Let’s talk about smart people. For a while, I thought I was one. I was one of the smarter kids in my high school classes, as long as we define high school of a series of classrooms in which everything is taugh but math. I had to work hard, sure, and do lots of dull memorization to pick things up, but I got good grades, and befriended the people who go better grades, and they would have been able to spot a phony.
College was less satisfying; I was meeting people in the tip-top percentile of intellect, and I clearly was just a little bit below that. Washington has treated me much the same way, as I’ve met the people who are, indisputably, the best there is at what I do. (There are times I feel like the best-trained ninja going up against Wolverine in a Frank Miller splash page.)

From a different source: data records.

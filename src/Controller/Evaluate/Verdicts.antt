-- ===== src/Controller/Evaluate/Verdicts.antt =====
-- What evaluateRun makes of a run, against a specification without a cache and without conditions.
pub mod Stages
pub mod Judging
use artifact_controller.Prelude.{
  ◌*◌, String, Bool, true, false, not, ◌&&◌, ◌≡◌, refl, ap, sym, subst, arith, Option, none, some,
  inl, inr, Bool-cases, Option-cases, if◌then◌else◌,
}
use artifact_controller.Prelude.Int.{ℤ, pos, ltb_ℤ, sub_time, inc32}
use artifact_controller.Prelude.Result.{Result, ok, err}
use artifact_controller.Api.Conditions.{Reason}
use artifact_controller.Api.Json.{Object}
use artifact_controller.Api.Artifact.{Artifact, ArtifactStatus, GeneratorReference}
use artifact_controller.Api.ArtifactClass.{
  ArtifactClass, GeneratorSpec, Backoff, grace_period, progress_deadline,
}
use artifact_controller.Toolkit.{Toolkit}
use artifact_controller.Generator.Evaluator.{build, run_program, eval_bool}
use artifact_controller.Generator.Evaluator.Caching.{IsFaithful, eval_bool-IsFaithful}
use artifact_controller.Controller.Session.{Cluster, Session, call}
use artifact_controller.Calls.{Call}
use artifact_controller.Controller.Run.{run_start_time, generator_ref_for}
use artifact_controller.Controller.Failure.{
  record_attempt_failure, failed_status, exhaust_budget, back_off,
}
use artifact_controller.Controller.Evaluate.{
  Diagnosis, note_success, await_artifact, verify_success, diagnose, watch_progress,
  evaluate_unfailed, evaluate_run,
}

-- A run failed; it succeeded, and its artifact is awaited or overdue; it is stuck beyond the
-- deadline for progress; or it is going on.
pub data Verdict : Type 0 where
  failed awaited overdue stuck going : Verdict

-- The verdicts that end an attempt as failed.
abbrev pub charged : Verdict → Bool
charged Verdict.failed = true
charged Verdict.overdue = true
charged Verdict.stuck = true
charged _ = false

-- The first time that success was seen: now, or the recorded time.
abbrev pub first_seen : ℤ → Option ℤ → ℤ
first_seen now none = now
first_seen now (some t) = t

-- When the run was first seen to have succeeded, after the verdict.
abbrev pub success_time : Verdict → ℤ → Option ℤ → Option ℤ
success_time Verdict.awaited now before = some (first_seen now before)
success_time Verdict.going now before = before
success_time _ now before = none

module _ (k : Toolkit) where
  -- Whether an expression holds of a run; one that errors does not.
  abbrev pub holds : String → Object → Bool
  holds expr run = elim (run_program k expr run (build k expr)) [ ok b ↦ b | err e ↦ false ]

  abbrev pub verdict : ArtifactClass → GeneratorSpec → Object → ℤ → Artifact → Verdict
  verdict class g run now obj =
      if holds g.failed_when run
      then Verdict.failed
      else if holds g.succeeded_when run
      then if ltb_ℤ (sub_time now (first_seen now obj.status.generator_succeeded_at))
          (grace_period class)
        then Verdict.awaited
        else Verdict.overdue
      else if ltb_ℤ (pos 0) (progress_deadline class)
          && ltb_ℤ (progress_deadline class) (sub_time now (run_start_time k run obj))
      then Verdict.stuck
      else Verdict.going

  -- What a verdict does to the run and to the failure budget.
  pub record Judged (v : Verdict) (now : ℤ) (s r : Session k) : Type 0 where
    pub run : r.obj.status.generator_ref ≡ (if charged v then none else s.obj.status.generator_ref)
    pub failures :
        r.obj.status.failed_attempts
        ≡ (if charged v then inc32 s.obj.status.failed_attempts else s.obj.status.failed_attempts)
    pub success :
        r.obj.status.generator_succeeded_at ≡ success_time v now s.obj.status.generator_succeeded_at
    pub faithful : IsFaithful k r.progs

  -- An attempt was charged, and the programs are kept.
  pub record Charged (s r : Session k) : Type 0 where
    pub run : r.obj.status.generator_ref ≡ none
    pub failures : r.obj.status.failed_attempts ≡ inc32 s.obj.status.failed_attempts
    pub success : r.obj.status.generator_succeeded_at ≡ none
    pub programs : r.progs ≡ s.progs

Still, that test of the others – being accepted or not being accepted by the people you know are smart – is proving pretty useful. After two-and-a-half years in the libertarian sphere, after wondering why my brilliant friends like* Katherine Mangu-Ward and Julian Sanchez and Kerry Howley and Will Wilkinson had been invited to Liberty Funds, I wondered why I was not.

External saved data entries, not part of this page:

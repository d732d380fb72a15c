-- ===== src/Controller/Evaluate/Verdicts/Stages.antt =====
-- The stages of evaluateRun, each with its verdict.
use artifact_controller.Prelude.{
  String, true, ◌&&◌, ◌≡◌, refl, sym, subst, arith, some, inl, inr, Bool-cases, Option-cases,
  if◌then◌else◌,
}
use artifact_controller.Prelude.Int.{ℤ, pos, ltb_ℤ, sub_time}
use artifact_controller.Api.Conditions.{Reason}
use artifact_controller.Api.Json.{Object}
use artifact_controller.Api.Artifact.{Artifact}
use artifact_controller.Api.ArtifactClass.{
  ArtifactClass, GeneratorSpec, Backoff, grace_period, progress_deadline,
}
use artifact_controller.Toolkit.{Toolkit}
use artifact_controller.Generator.Evaluator.Caching.{IsFaithful, eval_bool-IsFaithful}
use artifact_controller.Controller.Session.{Cluster, Session, call}
use artifact_controller.Calls.{Call}
use artifact_controller.Controller.Run.{run_start_time, generator_ref_for}
use artifact_controller.Controller.Failure.{
  record_attempt_failure, failed_status, exhaust_budget, back_off,
}
use artifact_controller.Controller.Evaluate.{
  Diagnosis, note_success, await_artifact, verify_success, diagnose, watch_progress,
}
use artifact_controller.Controller.Evaluate.Verdicts.{Verdict, charged, first_seen, Judged, Charged}

module _ (k : Toolkit) (c : Cluster) where
  pub record_attempt_failure-Charged :
      (reason : Reason) (msg : String) (now : ℤ) (b : Backoff) (s : Session k)
      → Charged k s (record_attempt_failure k c reason msg now b s).0
  unfolding record_attempt_failure failed_status exhaust_budget back_off
  record_attempt_failure-Charged reason msg now b s = ground arith

  pub Charged-Judged :
      (v : Verdict) (now : ℤ) (s s1 r : Session k)
      → charged v ≡ true
      → s1.obj.status.failed_attempts ≡ s.obj.status.failed_attempts
      → IsFaithful k s1.progs
      → Charged k s1 r
      → Judged k v now s r
  Charged-Judged v now s s1 r t e f h = record {
    run = ground (arith, t, h);
    failures = ground (arith, t, e, h);
    success = ground (arith, t, h);
    faithful = subst (IsFaithful k) (sym h.programs) f;
  }

  note_success-kept :
      (run : Object) (now : ℤ) (s : Session k)
      → ((note_success k c run now s).progs ≡ s.progs)
        × ((note_success k c run now s).obj.status.failed_attempts ≡ s.obj.status.failed_attempts)
        × ((note_success k c run now s).obj.status.generator_ref ≡ s.obj.status.generator_ref)
        × ((note_success k c run now s).obj.status.generator_succeeded_at
            ≡ some (first_seen now s.obj.status.generator_succeeded_at))
  unfolding note_success
  note_success-kept run now s = elim (Option-cases s.obj.status.generator_succeeded_at) [
    | inl e ↦ ground (arith, e)
    | inr (t, e) ↦ ground (arith, e)
  ]

  pub diagnose-kept :
      (g : GeneratorSpec) (run : Object) (now : ℤ) (s : Session k)
      → IsFaithful k s.progs
      → ((diagnose k c g run now s).1.obj ≡ s.obj) × IsFaithful k (diagnose k c g run now s).1.progs
  unfolding diagnose
  diagnose-kept g run now s f =
      grind (arith, f, eval_bool-IsFaithful k g.in_progress_when run s.progs f)

  -- The verdict on a run that succeeded.
  abbrev pub awaited_or_overdue : ArtifactClass → ℤ → Session k → Verdict
  awaited_or_overdue class now s =
      if ltb_ℤ (sub_time now (first_seen now s.obj.status.generator_succeeded_at))
        (grace_period class)
      then Verdict.awaited
      else Verdict.overdue

  await_artifact-Judged :
      (class : ArtifactClass) (run : Object) (now elapsed grace : ℤ) (s : Session k)
      → IsFaithful k s.progs
      → Judged k Verdict.awaited now s
          (await_artifact k c class elapsed grace (note_success k c run now s)).0
  unfolding await_artifact
  await_artifact-Judged class run now elapsed grace s f =
      let (p, a, r, t) = note_success-kept run now s in
      record { run = r; failures = a; success = t; faithful = subst (IsFaithful k) (sym p) f }

  pub verify_success-Judged :
      (class : ArtifactClass) (run : Object) (now : ℤ) (b : Backoff) (s : Session k)
      → IsFaithful k s.progs
      → Judged k (awaited_or_overdue class now s) now s (verify_success k c class run now b s).0
  unfolding verify_success
  verify_success-Judged class run now b s f =
      let (p, a, r, t) = note_success-kept run now s in
      let s1 = note_success k c run now s in
      let elapsed = sub_time now (first_seen now s.obj.status.generator_succeeded_at) in
      elim (Bool-cases (ltb_ℤ elapsed (grace_period class))) [
        | inl y ↦
            let v : awaited_or_overdue class now s ≡ Verdict.awaited = ground (arith, y) in
            let e : (verify_success k c class run now b s).0
                ≡ (await_artifact k c class elapsed (grace_period class) s1).0 =
              ground (arith, y, t) in
            subst (λ o. Judged k o now s (verify_success k c class run now b s).0) (sym v)
              (subst (Judged k Verdict.awaited now s) (sym e)
                (await_artifact-Judged class run now elapsed (grace_period class) s f))
        | inr n ↦
            let v : awaited_or_overdue class now s ≡ Verdict.overdue = ground (arith, n) in
            let e : Charged k s1 (verify_success k c class run now b s).0 =
              grind (arith, n, t, record_attempt_failure-Charged) in
            subst (λ o. Judged k o now s (verify_success k c class run now b s).0) (sym v)
              (Charged-Judged Verdict.overdue now s s1 (verify_success k c class run now b s).0 refl
                a (subst (IsFaithful k) (sym p) f) e)
      ]

  -- The verdict on a run that neither failed nor succeeded.
  abbrev pub stuck_or_going : ArtifactClass → Object → ℤ → Artifact → Verdict
  stuck_or_going class run now obj =
      if ltb_ℤ (pos 0) (progress_deadline class)
        && ltb_ℤ (progress_deadline class) (sub_time now (run_start_time k run obj))
      then Verdict.stuck
      else Verdict.going

  pub watch_progress-Judged :
      (class : ArtifactClass) (run : Object) (d : Diagnosis k c) (now : ℤ) (b : Backoff)
      (s : Session k)
      → IsFaithful k s.progs
      → Judged k
          (stuck_or_going class run now s.obj)
          now
          s
          (watch_progress k c class run d now b s).0
  unfolding watch_progress
  watch_progress-Judged class run d now b s f =
      let wedged =
        ltb_ℤ (pos 0) (progress_deadline class)
        && ltb_ℤ (progress_deadline class) (sub_time now (run_start_time k run s.obj)) in
      let r = (watch_progress k c class run d now b s).0 in
      elim (Bool-cases wedged) [
        | inl y ↦
            let v : stuck_or_going class run now s.obj ≡ Verdict.stuck = ground (arith, y) in
            let e : Charged k (call (Call.delete_run (generator_ref_for k run)) s) r =
              grind (arith, y, record_attempt_failure-Charged) in
            subst (λ o. Judged k o now s r) (sym v)
              (Charged-Judged Verdict.stuck now s
                (call (Call.delete_run (generator_ref_for k run)) s) r refl refl f e)
        | inr n ↦
            let v : stuck_or_going class run now s.obj ≡ Verdict.going = ground (arith, n) in
            let q : r.progs ≡ s.progs = ground (arith, n) in
            subst (λ o. Judged k o now s r) (sym v)
              (record {
                run = ground (arith, n);
                failures = ground (arith, n);
                success = ground (arith, n);
                faithful = subst (IsFaithful k) (sym q) f;
              })
      ]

A word about Liberty Fund. It’s a program set up by nice, big libertarian endowments that brings libertarians together to talk about economics and philosophy.
So: My friends were going to these things, and not me. I assumed, in December, that I was more of a reporter than a philosopher, and that was that. In January, that changed: I was invited to a LF about public choice theory. That’s how I spent this past weekend.
Thoughts? It’s a good program, executed well, and so intellectually challenging that I wonder how I spend my time in Washington again. There is really nothing like hunkering down for 90 minute stretches to convince a room of smart people that, no, really, you and you alone have the right idea for a majoritarian government reform that would stave off the tyranny of faction.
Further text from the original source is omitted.